_Task inputs_
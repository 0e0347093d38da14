-- ===== src/Utils/Masks/Groups.antt =====
-- Masks of rules that are written as they should be (`get_special_rules_for_thread`).
use mmt_security.Prelude.{
  ℕ, zero, suc, ◌≤◌, ◌<◌, ◌≡◌, refl, sym, ap, subst, ◌∙◌, ◌≢◌, Option, none, some, List, [], ◌∷◌,
  ◌++◌, Bool, true, false, not, ◌==◌, if◌then◌else◌, arith, length, length-append, ok, All, All-map,
  All-append, Distinct, Bool-cases, ==_iff, inl, inr,
}
use mmt_security.Prelude.Bits.{u32}
use mmt_security.Utils.Masks.{
  Text, is_digit, is_of_range, read_digits, array_size, take_range, take_id, take_group,
  special_from, duplicated, get_special_rules_for_thread,
}
use mmt_security.Utils.Masks.Grammar.{
  number, range, Part, value, all_numbers, write_part, write, IsNumber, IsPart, skip_digits-append,
  read_digits-append,
}
use mmt_security.Utils.Masks.Written.{expand_number_range-write}

-- The digits of a thread, and the parts of its rules.
abbrev pub Group : Type 0
Group = Text × List Part

abbrev pub write_groups : List Group → Text
write_groups [] = []
write_groups ((ds, ps) ∷ gs) = b'(' ∷ (ds ++ b':' ∷ (write ps ++ b')' ∷ write_groups gs))

abbrev pub IsGroup : Group → Type 0
IsGroup g =
    IsNumber g.0
    × All IsPart g.1
    × Distinct (all_numbers g.1)
    × (length (all_numbers g.1) ≤ array_size)

abbrev pub threads_of : List Group → List ℕ
threads_of [] = []
threads_of (g ∷ gs) = value g.0 ∷ threads_of gs

-- The numbers that a mask gives to a thread; the null pointer if there are none.
unfoldable pub given_to : ℕ → List Group → Option (List ℕ)
given_to thread_id [] = none
given_to thread_id (g ∷ gs) =
    let rest = given_to thread_id gs in
    if value g.0 == thread_id then duplicated (all_numbers g.1) else rest

OfRange : Text → Type 0
OfRange t = All (λ c. is_of_range c ≡ true) t

IsNumber-OfRange : (ds : Text) → All (λ c. is_digit c ≡ true) ds → OfRange ds
unfolding OfRange
IsNumber-OfRange ds h =
    All-map (λ c. is_digit c ≡ true) (λ c. is_of_range c ≡ true) ds (λ c e. ground arith) h

write_part-OfRange : (p : Part) → IsPart p → OfRange (write_part p)
unfolding OfRange
write_part-OfRange (number ds) h = IsNumber-OfRange ds h.digits
write_part-OfRange (range ds es) h =
    All-append (λ c. is_of_range c ≡ true) ds (b'-' ∷ es) (IsNumber-OfRange ds h.0.digits)
      (refl, IsNumber-OfRange es h.1.digits)

write-OfRange : (ps : List Part) → All IsPart ps → OfRange (write ps)
unfolding OfRange
write-OfRange [] h = tt
write-OfRange (p ∷ []) h = write_part-OfRange p h.0
write-OfRange (p ∷ q ∷ ps) h =
    All-append (λ c. is_of_range c ≡ true) (write_part p) (b',' ∷ write (q ∷ ps))
      (write_part-OfRange p h.0) (refl, write-OfRange (q ∷ ps) h.1)

take_range-append :
    (t behind : Text) → OfRange t → take_range (t ++ b')' ∷ behind) ≡ some (t, behind)
unfolding take_range OfRange
take_range-append [] behind h = refl
take_range-append (c ∷ t) behind h =
    let q : (c == b')') ≡ false = ground (arith, h.0) in
    rw (q, h.0, take_range-append t behind h.1) refl

take_id-append :
    (ds rs behind : Text)
    → IsNumber ds
    → OfRange rs
    → take_id (ds ++ b':' ∷ (rs ++ b')' ∷ behind)) ≡ some (value ds, rs, behind)
unfolding take_id
take_id-append [] rs behind n h = absurd (omega (arith, n.some_digit))
take_id-append (d ∷ ds) rs behind n h =
    let t = b':' ∷ (rs ++ b')' ∷ behind) in
    let q : not (is_digit d) ≡ false = ap not n.digits.0 in
    let id : u32 (read_digits 0 (d ∷ (ds ++ t))) ≡ value (d ∷ ds) =
      ap u32 (read_digits-append 0 (d ∷ ds) t n.digits refl) ∙ omega (arith, n.small) in
    rw (q, skip_digits-append ds t n.digits.1 refl, take_range-append rs behind h, id) refl

take_group-write :
    (g : Group) (gs : List Group)
    → IsGroup g
    → take_group (write_groups (g ∷ gs)) ≡ some (value g.0, write g.1, write_groups gs)
unfolding take_group
take_group-write (ds, ps) gs h =
    take_id-append ds (write ps) (write_groups gs) h.0 (write-OfRange ps h.1)

length-write_groups :
    (g : Group) (gs : List Group) → length (write_groups gs) < length (write_groups (g ∷ gs))
length-write_groups (ds, ps) gs = omega (
  arith,
  length-append ds (b':' ∷ (write ps ++ b')' ∷ write_groups gs)),
  length-append (write ps) (b')' ∷ write_groups gs),
)

-- One round of the loop.
special_from-group :
    (fuel thread_id : ℕ) (found : Option (List ℕ)) (g : Group) (gs : List Group)
    → IsGroup g
    → (value g.0 ≡ thread_id → found ≡ none)
    → special_from (suc fuel) thread_id found (write_groups (g ∷ gs))
      ≡ special_from fuel thread_id
          (if value g.0 == thread_id then duplicated (all_numbers g.1) else found)
          (write_groups gs)
unfolding special_from
special_from-group fuel thread_id found (ds, ps) gs h new =
    let e = take_group-write (ds, ps) gs h in
    let goal = λ (b : Bool).
      special_from fuel thread_id (if b then duplicated (all_numbers ps) else found)
        (write_groups gs) in
    elim (Bool-cases (value ds == thread_id)) [
      | inl q ↦
          let first : special_from (suc fuel) thread_id found (write_groups ((ds, ps) ∷ gs))
              ≡ goal true =
            rw
              (
                e,
                special_from,
                q,
                new ((==_iff (value ds) thread_id).0 q),
                expand_number_range-write ps h.1 h.2 h.3,
              )
              refl in
          first ∙ ap goal (sym q)
      | inr q ↦
          let first : special_from (suc fuel) thread_id found (write_groups ((ds, ps) ∷ gs))
              ≡ goal false =
            rw (e, special_from, q) refl in
          first ∙ ap goal (sym q)
    ]

-- Once the rules of the thread are found, they stay.
special_from-found :
    (fuel thread_id : ℕ) (found : Option (List ℕ)) (gs : List Group)
    → All IsGroup gs
    → All (λ t. t ≢ thread_id) (threads_of gs)
    → length (write_groups gs) ≤ fuel
    → special_from fuel thread_id found (write_groups gs) ≡ ok found
unfolding special_from
special_from-found fuel thread_id found [] h others enough = refl
special_from-found zero thread_id found (g ∷ gs) h others enough =
    absurd (omega (arith, length-write_groups g gs))
special_from-found (suc fuel) thread_id found (g ∷ gs) h others enough =
    let q : (value g.0 == thread_id) ≡ false = ground (arith, others.0) in
    special_from-group fuel thread_id found g gs h.0 (λ e. absurd (others.0 e))
    ∙ rw q (
        special_from-found fuel thread_id found gs h.1 others.1
          (omega (arith, length-write_groups g gs)))

special_from-given :
    (fuel thread_id : ℕ) (gs : List Group)
    → All IsGroup gs
    → Distinct (threads_of gs)
    → length (write_groups gs) ≤ fuel
    → special_from fuel thread_id none (write_groups gs) ≡ ok (given_to thread_id gs)
unfolding special_from given_to
special_from-given fuel thread_id [] h distinct enough = refl
special_from-given zero thread_id (g ∷ gs) h distinct enough =
    absurd (omega (arith, length-write_groups g gs))
special_from-given (suc fuel) thread_id (g ∷ gs) h distinct enough =
    let less : length (write_groups gs) ≤ fuel = omega (arith, length-write_groups g gs) in
    special_from-group fuel thread_id none g gs h.0 (λ _. refl)
    ∙ elim (Bool-cases (value g.0 == thread_id)) [
      | inl q ↦
          let same : value g.0 ≡ thread_id = (==_iff (value g.0) thread_id).0 q in
          rw q (
            special_from-found fuel thread_id (duplicated (all_numbers g.1)) gs h.1
              (subst (λ t. All (λ u. u ≢ t) (threads_of gs)) same distinct.0) less)
      | inr q ↦ rw q (special_from-given fuel thread_id gs h.1 distinct.1 less)
    ]

-- If each thread stands at most once in a mask of rules that is written as it should be, then the
-- rules that are found for a thread are exactly the numbers that the mask gives to it, and none if the
-- mask does not name it.
pub get_special_rules_for_thread-write :
    (thread_id : ℕ) (gs : List Group)
    → All IsGroup gs
    → Distinct (threads_of gs)
    → get_special_rules_for_thread thread_id (write_groups gs) ≡ ok (given_to thread_id gs)
unfolding get_special_rules_for_thread
get_special_rules_for_thread-write thread_id gs h distinct =
    special_from-given (length (write_groups gs)) thread_id gs h distinct (omega arith)
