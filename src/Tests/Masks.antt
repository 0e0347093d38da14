-- ===== src/Tests/Masks.antt =====
-- Masks, and the theorems about masks and codes at them.
use mmt_security.Prelude.{
  ◌≡◌, refl, none, some, List, [], ◌∷◌, ◌≤◌, arith, length, ok, All, Distinct,
}
use mmt_security.Utils.Search.{index_of}
use mmt_security.Utils.Masks.{
  Text, array_size, skip_digits, read_digits, atoi, add_number, expand_number_range, duplicated,
  get_special_rules_for_thread, take_group, get_rules_id_list_in_mask, add_numbers,
}
use mmt_security.Utils.Masks.Numbers.{Within, IsExpansion, expand_number_range-IsExpansion}
use mmt_security.Utils.Masks.Grammar.{number, range, Part, IsNumber, IsPart, all_numbers, write}
use mmt_security.Utils.Masks.Written.{expand_number_range-write}
use mmt_security.Utils.Masks.Groups.{
  Group, write_groups, given_to, get_special_rules_for_thread-write,
}

-- "3,10-12"
abbrev pub parts : List Part
parts = number (b'3' ∷ []) ∷ range (b'1' ∷ b'0' ∷ []) (b'1' ∷ b'2' ∷ []) ∷ []

abbrev three_and_range : Text
three_and_range = b'3' ∷ b',' ∷ b'1' ∷ b'0' ∷ b'-' ∷ b'1' ∷ b'2' ∷ []

program : Unit {0}
unfolding index_of skip_digits read_digits atoi add_number expand_number_range
    get_special_rules_for_thread take_group get_rules_id_list_in_mask add_numbers
program = tt

expanded : expand_number_range three_and_range ≡ ok (some (3 ∷ 10 ∷ 11 ∷ 12 ∷ []))
unfolding program
expanded = refl

-- "1,9,1-3": the range begins behind the last number of the array, which is not its own first number.
range_refused : expand_number_range (b'1' ∷ b',' ∷ b'9' ∷ b',' ∷ b'1' ∷ b'-' ∷ b'3' ∷ []) ≡ ok none
unfolding program
range_refused = refl

-- "(1:3)(2:7-8)"
listed :
    get_rules_id_list_in_mask
      (b'(' ∷ b'1' ∷ b':' ∷ b'3' ∷ b')' ∷ b'(' ∷ b'2' ∷ b':' ∷ b'7' ∷ b'-' ∷ b'8' ∷ b')' ∷ [])
    ≡ ok (some (3 ∷ 7 ∷ 8 ∷ []))
unfolding program
listed = refl

three-IsNumber : IsNumber (b'3' ∷ [])
unfolding read_digits
three-IsNumber = record { some_digit = omega arith; digits = (refl, tt); small = omega arith }

pub parts-IsPart : All IsPart parts
unfolding read_digits
parts-IsPart = (
  three-IsNumber,
  (
    (
      record { some_digit = omega arith; digits = (refl, (refl, tt)); small = omega arith },
      record { some_digit = omega arith; digits = (refl, (refl, tt)); small = omega arith },
      omega arith,
    ),
    tt,
  ),
)

pub parts-Distinct : Distinct (all_numbers parts)
unfolding read_digits
parts-Distinct = omega arith

pub few_parts : length (all_numbers parts) ≤ array_size
unfolding read_digits
few_parts = omega arith

expand_number_range-IsExpansion_example : Within (expand_number_range three_and_range) IsExpansion
expand_number_range-IsExpansion_example = expand_number_range-IsExpansion three_and_range

expand_number_range-write_example :
    expand_number_range (write parts) ≡ ok (duplicated (all_numbers parts))
expand_number_range-write_example =
    expand_number_range-write parts parts-IsPart parts-Distinct few_parts

-- "(3:3,10-12)"
abbrev pub groups : List Group
groups = (b'3' ∷ [], parts) ∷ []

get_special_rules_for_thread-write_example :
    get_special_rules_for_thread 3 (write_groups groups) ≡ ok (given_to 3 groups)
get_special_rules_for_thread-write_example =
    get_special_rules_for_thread-write 3 groups
      ((three-IsNumber, parts-IsPart, parts-Distinct, few_parts), tt) (tt, tt)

_What this task involves_
Your answer must be the lines from the first line of the records through the line containing "write_groups [] = []", copied exactly.

_Output of the task_
repository 0e0347093d38da14
-- ===== src/Utils/Masks/Groups.antt =====
-- Masks of rules that are written as they should be (`get_special_rules_for_thread`).
use mmt_security.Prelude.{
  ℕ, zero, suc, ◌≤◌, ◌<◌, ◌≡◌, refl, sym, ap, subst, ◌∙◌, ◌≢◌, Option, none, some, List, [], ◌∷◌,
  ◌++◌, Bool, true, false, not, ◌==◌, if◌then◌else◌, arith, length, length-append, ok, All, All-map,
  All-append, Distinct, Bool-cases, ==_iff, inl, inr,
}
use mmt_security.Prelude.Bits.{u32}
use mmt_security.Utils.Masks.{
  Text, is_digit, is_of_range, read_digits, array_size, take_range, take_id, take_group,
  special_from, duplicated, get_special_rules_for_thread,
}
use mmt_security.Utils.Masks.Grammar.{
  number, range, Part, value, all_numbers, write_part, write, IsNumber, IsPart, skip_digits-append,
  read_digits-append,
}
use mmt_security.Utils.Masks.Written.{expand_number_range-write}

-- The digits of a thread, and the parts of its rules.
abbrev pub Group : Type 0
Group = Text × List Part

abbrev pub write_groups : List Group → Text
write_groups [] = []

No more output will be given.